東雅夫を映す函 『平成怪奇小説傑作集(3)』 東 雅夫 編 / 創元推理文庫
巻の参。
前巻に続き、微妙な違和感が、それが微妙なだけに、気になる。
収録作一覧:
京極夏彦「成人」
高原英理「グレー・グレー」
大濱普美子「盂蘭盆会」
木内昇「蛼橋」
有栖川有栖「天神坂」
高橋克彦「さるの湯」
恒川光太郎「風天孔参り」
小野不由美「雨の鈴」
藤野可織「アイデンティティ」
小島水青「江の島心中」
舞城王太郎「深夜百太郎」
諏訪哲史「修那羅」
宇佐美まこと「みどりの吐息」
黒史郎「海にまつわるもの」
澤村伊智「鬼のうみたりければ」
顔ぶれだけ見ればまあおおむね「平成」と言えなくもない。しかし、1巻、2巻の際にさんざん指摘した事柄が今回も気になる。
たとえば、いくつか作品の冒頭、ないし数行めを抜き出してみよう。
灰色だ。仰向けば水滴が顔のはしばしをつつく。(「グレー・グレー」)
玄関の格子戸に片手をかけると、すと横に滑って音もなく開いた。(「盂蘭盆会」)
蛼橋(こおろぎばし)のたもとに、良(え)い薬種屋があるから一度行ってごらんな。(「蛼橋」)

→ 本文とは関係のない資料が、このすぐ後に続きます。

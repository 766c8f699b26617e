-- ===== src/Tests.antt =====
-- Runs at concrete inputs.
mod Samples
mod Wire
mod Devices
mod Clients
mod Services
mod Profiles
mod Syncers
mod Steady
mod DeepCopies
mod Commands
mod Storing
mod Jobs
mod DeviceRounds
mod Rounds
mod App
mod Orphans
mod InSync
mod ServicesInSync
mod ProfilesInSync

晩秋の空は夕刻からかき曇り、小糠雨となる。(「天神坂」)
鬢(びん)もあおあお。丸刈りあたまに、大きすぎはせぬか、目深(まぶか)に、白線ひとすじ、学生帽。(「修那羅」)
「格子戸」、「小糠雨」、「丸刈りあたま」。
どこが平成。昭和、大正、いっそ明治。
編者解説も、
『三田文学』の伝統を現在に受け継ぐ──
岡本綺堂の『三浦老人昔話』を思わせるレトロな味わいが好ましい──
鏡花の名作「海異記」にも通じる──
等々、明治から昭和期の作家、作品への賛歌が繰り返される。
よくわからないのだが、綺堂を思わせる、鏡花に通じる、そう言われて現役作家は嬉しいものなのか? 自分なら御免だ。よし、鏡花の語り口調を模して書いたとしても、それは技法としてそうしているはず。エピゴーネンから始めたとしても、その果てに目指すことは綺堂や鏡花を模することではない。
また、平成という時代をどう語るかは人さまざまだろうが、こと「怪奇」について、大ブームとなった「実話怪談」を抜きに語ることはできないだろう。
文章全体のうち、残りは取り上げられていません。